The Portrait of a Lady had me confused all the while I was reading it. As a matter of fact, it still has me confused. This novel gives me all kind of ambiguous and contradictory sensations, and I’m still not sure what to make of it.

She had long before this taken old Rome into her confidence, for in a world of ruins the ruin of her happiness seemed a less unnatural catastrophe.


One of top reviews here in Goodreads compares the experience of reading this book to the one of going to the gym after a long, tiresome day, and I find the metaphor only too fitting. This novel, with its 500 pages, took me so long to read, mainly because picking it up was a kind of sacrifice; it’s a hard, dense book that often drags. And here is where the first contradiction appears, because it’s a book that for me was extremely hard to start, but also extremely hard to put down . The ultra-descriptive style of Henry James makes for both a nuisance and a delight. Once you have gathered the strength of will necessary to choose reading it over, let’s say, watching an episode of your favourite show, the book becomes a pleasure to read. For instance, the first part, with its luxurious and detailed account of the quiet life at Gardencourt, transmits such a sense of calm and coziness that I couldn’t help but feel warm and fuzzy.

She was always planning out her development, desiring her perfection, observing her progress. Her nature had, in her conceit, a certain garden-like quality, suggestions of perfume and murmuring boughs, of shady bowers and lengthening vistas, which made her feel that introspection was, after all, an exercise in the open air, and that a visit to the recesses of one’s spirit was harmless when one returned from it with a lapful of roses.

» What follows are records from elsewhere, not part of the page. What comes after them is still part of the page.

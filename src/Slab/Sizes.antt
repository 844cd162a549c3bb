-- ===== src/Slab/Sizes.antt =====
-- `_size2block` of kernel/src/mm/slab.c, and the cache that `kmalloc` takes an object from.
use munk_os.Prelude.{
  ℕ, zero, suc, ◌+◌, ◌-◌, ◌*◌, ◌/◌, ◌^◌, ◌<◌, ◌≤◌, ◌≡◌, ap, ◌∙◌, arith, true, false, Bool-cases,
  inl, inr, Outcome, ok, ◌==◌,
}
use munk_os.FrameAlloc.Blocks.{double, pow_pos}
use munk_os.Slab.Caches.{blocks, size2block}

-- The loop stops at the position of the highest bit.
record Highest (order s : ℕ) (r : Outcome ℕ) : Type 0 where
  k : ℕ
  runs : r ≡ ok (order + k)
  below : s < 2 ^ suc k
  least : 0 < k → 2 ^ k ≤ s

blocks_stop : (fuel order s : ℕ) → (s / 2 == 0) ≡ true → blocks (suc fuel) order s ≡ ok order
unfolding blocks
blocks_stop fuel order s e = rw e

blocks_go :
    (fuel order s : ℕ)
    → (s / 2 == 0) ≡ false
    → blocks (suc fuel) order s ≡ blocks fuel (order + 1) (s / 2)
unfolding blocks
blocks_go fuel order s e = rw e

blocks-Highest : (fuel order s : ℕ) → s < 2 ^ fuel → Highest order s (blocks (suc fuel) order s)
blocks-Highest zero order s h = record {
  k = 0;
  runs = blocks_stop 0 order s (ground (arith, h)) ∙ ap ok (omega arith);
  below = omega (arith, h);
  least = λ p. absurd (omega arith);
}
blocks-Highest (suc fuel) order s h = elim (Bool-cases (s / 2 == 0)) [
  | inl e ↦ record {
    k = 0;
    runs = blocks_stop (suc fuel) order s e ∙ ap ok (omega arith);
    below = ground (arith, e);
    least = λ p. absurd (omega arith);
  }
  | inr e ↦
      let r = blocks-Highest fuel (order + 1) (s / 2) (omega (arith, h, double fuel)) in
      let big : 0 < s / 2 = ground (arith, e) in
      record {
        k = suc r.k;
        runs = blocks_go (suc fuel) order s e ∙ r.runs ∙ ap ok (omega arith);
        below = omega (arith, r.below, double (suc r.k));
        least = λ p. next_least r.k s big r.least;
      }
]
  where
    next_least : (k s : ℕ) → 0 < s / 2 → (0 < k → 2 ^ k ≤ s / 2) → 2 ^ suc k ≤ s
    next_least zero s b h = omega arith
    next_least (suc k) s b h = omega (arith, double (suc k), h (omega arith))

-- The smallest of the sizes 16, 32, 64, ... that holds `size` bytes.
pub record Fits (size : ℕ) (r : Outcome ℕ) : Type 0 where
  pub index : ℕ
  pub runs : r ≡ ok index
  pub holds : size ≤ 16 * 2 ^ index
  pub smallest : 0 < index → 16 * 2 ^ (index - 1) < size

-- For every size of 64 bits but 0, `_size2block` returns the index of the smallest block that holds
-- the size, where block `i` has 16 * 2 ^ i bytes.
pub size2block-Fits : (size : ℕ) → 0 < size → size < 2 ^ 64 → Fits size (size2block size)
unfolding size2block
size2block-Fits size pos h =
    let s = (size - 1) / 2 ^ 3 in
    let r = blocks-Highest 64 0 s (omega arith) in
    let some_bytes : (size == 0) ≡ false = ground (arith, pos) in
    record {
      index = r.k;
      runs = rw some_bytes (r.runs ∙ ap ok (omega arith));
      holds = omega (arith, r.below, double r.k);
      smallest = λ p. smallest_block r.k size p (r.least p);
    }
  where
    smallest_block : (k size : ℕ) → 0 < k → 2 ^ k ≤ (size - 1) / 2 ^ 3 → 16 * 2 ^ (k - 1) < size
    smallest_block zero size p l = absurd (omega arith)
    smallest_block (suc k) size p l =
        let e : suc k - 1 ≡ k = omega arith in rw e (omega (arith, l, double k, pow_pos k))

The main contradiction I find in The Portrait is that I can’t decide whether I’m reading a proto-feminist piece or a traditionally misogynist one. On one hand, the character of Isabel is so modern; she’s alive with curiosity, intellectual inquiries, and a refreshing appreciation for her freedom. Most of her suitors and her cousin Ralph seem to be delighted with her uncanny personality. On the other hand, some characters, especially the odious Gilbert Osmond, seem to find she has “way too many ideas of her own”. And it would be easy to declare these ideas as proto-feminist, because most of the misogynistic vibes comefrom “the bad team” characters. However, the problem is that at times there’s a slight feeling of judgement passed on Isabel and her attitude, subtle and not explicitly shown. I’m still trying to make my mind about this one.

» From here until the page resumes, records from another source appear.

-- ===== src/Slab/Kmalloc.antt =====
-- `slab_init` of kernel/src/mm/slab.c, and the cache that `kmalloc` takes an object from.
use munk_os.Prelude.{
  ℕ, zero, suc, ◌+◌, ◌-◌, ◌*◌, ◌^◌, ◌<◌, ◌≤◌, ◌≡◌, refl, ap, ◌∙◌, arith, true, false, Bool-cases,
  inl, inr, ltb, ok, Outcome, ◌==◌, ==_iff,
}
use native.Mathlib.Nat.{pow-le-pow_right}
use munk_os.FrameAlloc.Orders.{size2order, halving}
use munk_os.Slab.Caches.{
  SlabCache, Heap, size2block, with_cache, init_slab_cache, init_caches, slab_init,
  kmalloc_pps_mappings,
}
use munk_os.Links.{null}
use munk_os.Slab.{kmalloc, cache_alloc}
use munk_os.Slab.Sizes.{size2block-Fits}

below_ten : (index size : ℕ) → size ≤ 8192 → (0 < index → 16 * 2 ^ (index - 1) < size) → index < 10
below_ten index size l h = elim (Bool-cases (ltb index 10)) [
  | inl e ↦ ground (arith, e)
  | inr e ↦
      let many : 10 ≤ index = ground (arith, e) in
      let low : 9 ≤ index - 1 = omega (arith, many) in
      let big : 2 ^ 9 ≤ 2 ^ (index - 1) = pow-le-pow_right (omega arith) low in
      absurd (omega (arith, big, h (omega (arith, many)), l))
]

kmalloc_runs :
    (h : Heap) (size i : ℕ)
    → ltb 8192 size ≡ false
    → (size == 0) ≡ false
    → h.slab_initialized ≡ true
    → size2block size ≡ ok i
    → ltb i 10 ≡ true
    → kmalloc h size ≡ cache_alloc h i
unfolding kmalloc
kmalloc_runs h size i a b d e f = ground (arith, a, b, d, e, f)

-- Cache `i` as `slab_init` leaves it.
abbrev new_cache : ℕ → SlabCache
new_cache i = record {
  named = true;
  pages_per_slab = kmalloc_pps_mappings (i - 1);
  obj_size = 16 * 2 ^ i;
  obj_md_size = 16 * 2 ^ i;
  total_objs = 0;
  total_objs_allocated = 0;
  full_slab_count = 0;
  partial_slab_count = 0;
  empty_slab_count = 0;
  full_slabs = null;
  partial_slabs = null;
  empty_slabs = null;
}

-- `init_slab_cache` as `slab_init` calls it for cache `i`.
init_one :
    (i : ℕ) (h : Heap)
    → i < 10
    → (h.caches i).named ≡ false
    → (k : SlabCache) × (init_slab_cache h i (2 ^ (i + 4)) ≡ ok (with_cache h i k))
      × (k.obj_size ≡ 16 * 2 ^ i)
unfolding init_slab_cache size2order halving
init_one zero h l e = (new_cache 0, rw e refl, refl)
init_one (suc zero) h l e = (new_cache 1, rw e refl, refl)
init_one (suc (suc zero)) h l e = (new_cache 2, rw e refl, refl)
init_one (suc (suc (suc zero))) h l e = (new_cache 3, rw e refl, refl)
init_one (suc (suc (suc (suc zero)))) h l e = (new_cache 4, rw e refl, refl)
init_one (suc (suc (suc (suc (suc zero))))) h l e = (new_cache 5, rw e refl, refl)
init_one (suc (suc (suc (suc (suc (suc zero)))))) h l e = (new_cache 6, rw e refl, refl)
init_one (suc (suc (suc (suc (suc (suc (suc zero))))))) h l e = (new_cache 7, rw e refl, refl)
init_one (suc (suc (suc (suc (suc (suc (suc (suc zero)))))))) h l e = (new_cache 8, rw e refl, refl)
init_one (suc (suc (suc (suc (suc (suc (suc (suc (suc zero))))))))) h l e =
    (new_cache 9, rw e refl, refl)
init_one (suc (suc (suc (suc (suc (suc (suc (suc (suc (suc i)))))))))) h l e = absurd (omega arith)

-- The caches that `slab_init` sets up have objects of 16 * 2 ^ i bytes.
init_caches-sized :
    (n i : ℕ) (h : Heap)
    → i + n ≡ 10
    → ((c : ℕ) → i ≤ c → c < 10 → (h.caches c).named ≡ false)
    → ((c : ℕ) → c < i → (h.caches c).obj_size ≡ 16 * 2 ^ c)
    → (h' : Heap) × (init_caches n i h ≡ ok h')
      × ((c : ℕ) → c < 10 → (h'.caches c).obj_size ≡ 16 * 2 ^ c)
unfolding init_caches
init_caches-sized zero i h all fresh sized = (h, refl, λ c l. sized c (omega (arith, l, all)))
init_caches-sized (suc n) i h all fresh sized =
    let (k, runs, size) =
      init_one i h (omega (arith, all)) (fresh i (omega arith) (omega (arith, all))) in
    let r =
      init_caches-sized n (i + 1) (with_cache h i k) (omega (arith, all))
        (λ c low l.
          let other : (c == i) ≡ false = ground (arith, low) in
          rw other (fresh c (omega (arith, low)) l))
        (λ c l. elim (Bool-cases (c == i)) [
          | inl e ↦ rw (e, (==_iff c i).0 e) size
          | inr e ↦ rw e (sized c (ground (arith, l, e)))
        ]) in
    (r.0, rw runs r.1, r.2)

-- No cache has been set up yet.
abbrev pub AreFresh : Heap → Type 0
AreFresh h = (c : ℕ) → c < 10 → (h.caches c).named ≡ false

pub slab_init-sized :
    (h : Heap)
    → AreFresh h
    → (h' : Heap) × (slab_init h ≡ ok h')
      × (h'.slab_initialized ≡ true)
      × ((c : ℕ) → c < 10 → (h'.caches c).obj_size ≡ 16 * 2 ^ c)
unfolding slab_init
slab_init-sized h fresh =
    let (h', runs, sized) =
      init_caches-sized 10 0 h refl (λ c low. fresh c) (λ c l. absurd (omega (arith, l))) in
    (record h' { slab_initialized = true }, rw runs refl, refl, sized)

-- The size of the objects of a cache in a result.
abbrev pub sizes_in : Outcome Heap → ℕ → ℕ
sizes_in (ok h) c = (h.caches c).obj_size
sizes_in _ c = 0

-- The request is served by the first of the ten caches whose objects hold it.
pub record Served (h : Heap) (size : ℕ) : Type 0 where
  pub index : ℕ
  pub serves : kmalloc h size ≡ cache_alloc h index
  pub is_cache : index < 10
  pub holds : size ≤ (h.caches index).obj_size
  pub smallest : (j : ℕ) → j < index → (h.caches j).obj_size < size

-- `slab_init` returns where no cache has been set up, and then, as long as the caches keep the sizes
-- of objects that it gave them, a request for 1 to 8192 bytes is served by one of the ten caches:
-- the first whose objects hold the request.
pub kmalloc-fits :
    (h h' : Heap) (size : ℕ)
    → AreFresh h
    → h'.slab_initialized ≡ true
    → ((c : ℕ) → c < 10 → (h'.caches c).obj_size ≡ sizes_in (slab_init h) c)
    → 0 < size
    → size ≤ 8192
    → (start : Heap) × (slab_init h ≡ ok start) × (start.slab_initialized ≡ true) × Served h' size
kmalloc-fits h h' size fresh set kept pos l =
    let (start, runs, on, sized) = slab_init-sized h fresh in
    let objects : (c : ℕ) → c < 10 → (h'.caches c).obj_size ≡ 16 * 2 ^ c =
      λ c low. kept c low ∙ ap (λ r. sizes_in r c) runs ∙ sized c low in
    let r = size2block-Fits size pos (omega (arith, l)) in
    let low = below_ten r.index size l r.smallest in
    (
      start,
      runs,
      on,
      record {
        index = r.index;
        serves =
            kmalloc_runs h' size r.index (ground (arith, l)) (ground (arith, pos)) set r.runs
              (ground (arith, low));
        is_cache = low;
        holds = omega (arith, r.holds, objects r.index low);
        smallest = λ j m.
            let down : 2 ^ j ≤ 2 ^ (r.index - 1) =
              pow-le-pow_right (omega arith) (omega (arith, m)) in
            omega (arith, objects j (omega (arith, m, low)), down, r.smallest (omega (arith, m)));
      },
    )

The real offence, as she ultimately perceived, was her having a mind of her own at all. Her mind was to be his – attached to his own like a small garden plot to a deer-park. He would rake the soil gently and water the flowers; he would weed the bed and gather an occasional nosegay. It would be a pretty piece of property for a proprietor already far-reaching. He didn’t wish her to be stupid. On the contrary, it was because she was clever that she had pleased him. But he expected her intelligence to operate altogether in his favour, and so far from desiring her to be a blank he had flattered himself that it would be richly receptive. He had expected his wife to feel with him and for him, to enter into his opinions, his ambitions, his preferences.


Despite all these contradictions, I still enjoyed the novel, and would recommend it to those interested in the peculiar way of writing, and Henry James’ use of character development. And one last thing: Ralph Touchett <3.